Five members of the United Blood Nation (UBN or Bloods) street gang were sentenced in Charlotte, North Carolina, after standing trial on federal Racketeer Influenced and Corrupt Organizations (RICO) conspiracy and other charges. These defendants’ sentences are the culmination of a prosecution that charged 83 UBN gang members in the Western District of North Carolina with RICO conspiracy and other crimes.
U.S. District Judge Frank D. Whitney sentenced three defendants to terms of life imprisonment. A jury previously convicted those defendants, Dricko Dashon Huskey, aka Drizzy, 28, of Shelby, North Carolina, Renaire Roshique Lewis Jr., aka Banz, 26, of Shelby, North Carolina, and Jonathan Wray, aka Jon Jon/Yungin, 29, of Lawndale, North Carolina, of racketeering conspiracy, finding that each defendant personally committed murder.
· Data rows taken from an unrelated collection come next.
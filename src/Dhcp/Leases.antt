-- ===== src/Dhcp/Leases.antt =====
-- The server's table: one entry to a client, and what a client gets for a discover or a request.
use network_simulation.Common.{
  ℕ, ◌^◌, ◌<◌, ◌≡◌, refl, Option, none, some, List, [], ◌∷◌, ◌++◌, ok, if◌then◌else◌, arith,
}
use network_simulation.Addressing.{create_uniform_mac, create_ip}
use network_simulation.Addressing.Macs.{IsMac, mac_eq, mac_eq_iff, compare_macs-eq, uniform-IsMac}
use network_simulation.Dhcp.{DhcpEntry, get_entry_from, get_entry, new_ip_for, dhcp_offer}

-- The entry of a client, the last one if there were several.
unfoldable pub held : List DhcpEntry → List ℕ → Option DhcpEntry
held [] mac = none
held (e ∷ es) mac = elim (held es mac) [
  | some e' ↦ some e'
  | none ↦ if mac_eq mac e.mac then some e else none
]

-- One entry to a client, for an offered address.
abbrev pub IsLeases : List DhcpEntry → Type 0
IsLeases [] = Unit
IsLeases (e ∷ es) =
    IsMac e.mac
    × (e.current_opcode ≡ dhcp_offer)
    × (e.ip < 2 ^ 32)
    × (held es e.mac ≡ none)
    × IsLeases es

abbrev pub or_else : Option DhcpEntry → DhcpEntry → DhcpEntry
or_else none d = d
or_else (some e) d = e

get_entry_from-eq :
    (table : List DhcpEntry) (mac : List ℕ) (result : DhcpEntry)
    → IsMac mac
    → IsLeases table
    → get_entry_from table mac result ≡ ok (or_else (held table mac) result)
unfolding get_entry_from held
get_entry_from-eq [] mac result h t = refl
get_entry_from-eq (e ∷ es) mac result h t =
    rw
      (
        compare_macs-eq mac e.mac h t.0,
        get_entry_from-eq es mac (if mac_eq mac e.mac then e else result) h t.4,
      )
      (ground arith)

pub get_entry-eq :
    (blank : ℕ) (table : List DhcpEntry) (mac : List ℕ)
    → IsMac mac
    → IsLeases table
    → get_entry blank table mac
      ≡ ok (or_else (held table mac) (record { mac = []; ip = blank; current_opcode = 0 }))
unfolding get_entry
get_entry-eq blank table mac h t = get_entry_from-eq table mac _ h t

-- What an entry in the table satisfies.
pub held-some :
    (table : List DhcpEntry) (mac : List ℕ) (e : DhcpEntry)
    → IsLeases table
    → held table mac ≡ some e
    → (e.mac ≡ mac) × (e.current_opcode ≡ dhcp_offer) × (e.ip < 2 ^ 32)
unfolding held
held-some [] mac e t h = cc
held-some (x ∷ xs) mac e t h =
    ground (arith, held-some xs mac e t.4, mac_eq_iff mac x.mac, t.1, t.2)

pub held-append :
    (table : List DhcpEntry) (e : DhcpEntry) (mac : List ℕ)
    → held (table ++ e ∷ []) mac ≡ (if mac_eq mac e.mac then some e else held table mac)
unfolding held
held-append [] e mac = ground arith
held-append (x ∷ xs) e mac = rw (held-append xs e mac) (ground arith)

pub append-IsLeases :
    (table : List DhcpEntry) (e : DhcpEntry)
    → IsLeases table
    → IsMac e.mac
    → e.current_opcode ≡ dhcp_offer
    → e.ip < 2 ^ 32
    → held table e.mac ≡ none
    → IsLeases (table ++ e ∷ [])
unfolding held
append-IsLeases [] e t m o i n = (m, o, i, refl, tt)
append-IsLeases (x ∷ xs) e t m o i n = ground (
  arith,
  t,
  append-IsLeases xs e t.4 m o i,
  held-append xs e x.mac,
  mac_eq_iff e.mac x.mac,
  mac_eq_iff x.mac e.mac,
)

-- The address that the server hands to a new client.
unfoldable pub address_for : ℕ → List ℕ → ℕ
address_for blank mac =
    if mac_eq (create_uniform_mac 0x11) mac
    then create_ip 111 111 111 111
    else if mac_eq (create_uniform_mac 0x22) mac
    then create_ip 222 222 222 222
    else blank

pub new_ip_for-eq :
    (mac : List ℕ) (blank : ℕ) → IsMac mac → new_ip_for mac blank ≡ ok (address_for blank mac)
unfolding new_ip_for address_for
new_ip_for-eq mac blank h = rw (
  compare_macs-eq (create_uniform_mac 0x11) mac (uniform-IsMac 0x11) h,
  compare_macs-eq (create_uniform_mac 0x22) mac (uniform-IsMac 0x22) h,
)

pub address_for-lt : (blank : ℕ) (mac : List ℕ) → blank < 2 ^ 32 → address_for blank mac < 2 ^ 32
unfolding address_for create_ip
address_for-lt blank mac h = ground arith
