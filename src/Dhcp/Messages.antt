-- ===== src/Dhcp/Messages.antt =====
-- DHCP messages survive their encoding, and the answers of the server survive their frame.
use network_simulation.Common.{ℕ, ◌^◌, ◌<◌, ◌≡◌, List, ok, join32-be32, arith, refl}
use network_simulation.L4.{Udp}
use network_simulation.L3.{Ip, encap_udp}
use network_simulation.L3.Codec.{FitsUdp}
use network_simulation.Pdu.{Mpdu, open_udp, new_mpdu, set_source_mac, set_destination_mac, encap_ip}
use network_simulation.Pdu.Frames.{IsHeader, open_udp-encap_ip}
use network_simulation.Dhcp.{
  Dhcp, DhcpEntry, DhcpServer, generate_dhcp, dhcp_bytes, answer, bootp_server_port,
  bootp_client_port,
}

pub record FitsDhcp (m : Dhcp) : Type 0 where
  pub client_ip : m.client_ip < 2 ^ 32
  pub your_ip : m.your_ip < 2 ^ 32

-- A message whose addresses fit 32 bits is read back as it was written.
pub generate_dhcp-dhcp_bytes : (m : Dhcp) → FitsDhcp m → generate_dhcp (dhcp_bytes m) ≡ ok m
unfolding generate_dhcp dhcp_bytes
generate_dhcp-dhcp_bytes m w =
    rw (join32-be32 m.client_ip w.client_ip, join32-be32 m.your_ip w.your_ip)

-- What a client finds in a frame from the server.
pub record Carries (from : List ℕ) (to : List ℕ) (p : Ip) (m : Dhcp) (f : Mpdu) : Type 0 where
  pub source_mac : f.source_mac ≡ from
  pub destination_mac : f.destination_mac ≡ to
  pub packet : Ip
  pub segment : Udp
  pub opens : open_udp f ≡ ok (packet, segment)
  pub source_ip : packet.source_ip ≡ p.source_ip
  pub destination_ip : packet.destination_ip ≡ p.destination_ip
  pub source_port : segment.source_port ≡ bootp_server_port
  pub destination_port : segment.destination_port ≡ bootp_client_port
  pub message : generate_dhcp segment.payload ≡ ok m

pub answer-Carries :
    (server : DhcpServer) (entry : DhcpEntry) (p : Ip) (s : Udp) (m : Dhcp) (mac : List ℕ)
    → entry.mac ≡ mac
    → IsHeader p
    → FitsUdp s
    → FitsDhcp m
    → Carries server.gw_mac mac p m (answer server entry p s m)
unfolding answer new_mpdu set_source_mac set_destination_mac encap_ip encap_udp
answer-Carries server entry p s m mac e h fits w =
    let s' : Udp = record s {
      source_port = bootp_server_port;
      destination_port = bootp_client_port;
      payload = dhcp_bytes m;
    } in
    record {
      source_mac = refl;
      destination_mac = e;
      packet = encap_udp s' p;
      segment = s';
      opens =
          open_udp-encap_ip s' p
            (set_destination_mac entry.mac (set_source_mac server.gw_mac (new_mpdu 0)))
            (record {
              source_port = omega arith;
              destination_port = omega arith;
              udp_length = fits.udp_length;
              checksum = fits.checksum;
            })
            h (unfold dhcp_bytes in omega arith);
      source_ip = refl;
      destination_ip = refl;
      source_port = refl;
      destination_port = refl;
      message = generate_dhcp-dhcp_bytes m w;
    }

-- A frame that carries a DHCP message of a client, in fields that fit.
pub record IsQuery (f : Mpdu) (p : Ip) (s : Udp) (m : Dhcp) : Type 0 where
  pub opens : open_udp f ≡ ok (p, s)
  pub header : IsHeader p
  pub segment : FitsUdp s
  pub message : generate_dhcp s.payload ≡ ok m
  pub fits : FitsDhcp m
The jury also convicted Lewis of murder in aid of racketeering, attempted murder in aid of racketeering, attempted Hobbs Act robbery, and two counts of discharging a firearm during and in relation to a crime of violence, one of which resulted in death.
Judge Whitney also sentenced Alandus Montrell Smith, aka Kadafia, 30, of Shelby, North Carolina, and Bradley Beauchamp, aka Bizzie, 32, of Fort Lauderdale, Florida. Smith was sentenced to 25 years of imprisonment followed by three years of supervised release based on his jury convictions for RICO conspiracy, possession with intent to distribute methamphetamine and marijuana, possession of a firearm in furtherance of a drug trafficking crime, and possession of a firearm by a convicted felon. Beauchamp was sentenced to more than 11 years in prison followed by two years of supervised release based on his convictions during a bench trial for RICO conspiracy and wire fraud conspiracy.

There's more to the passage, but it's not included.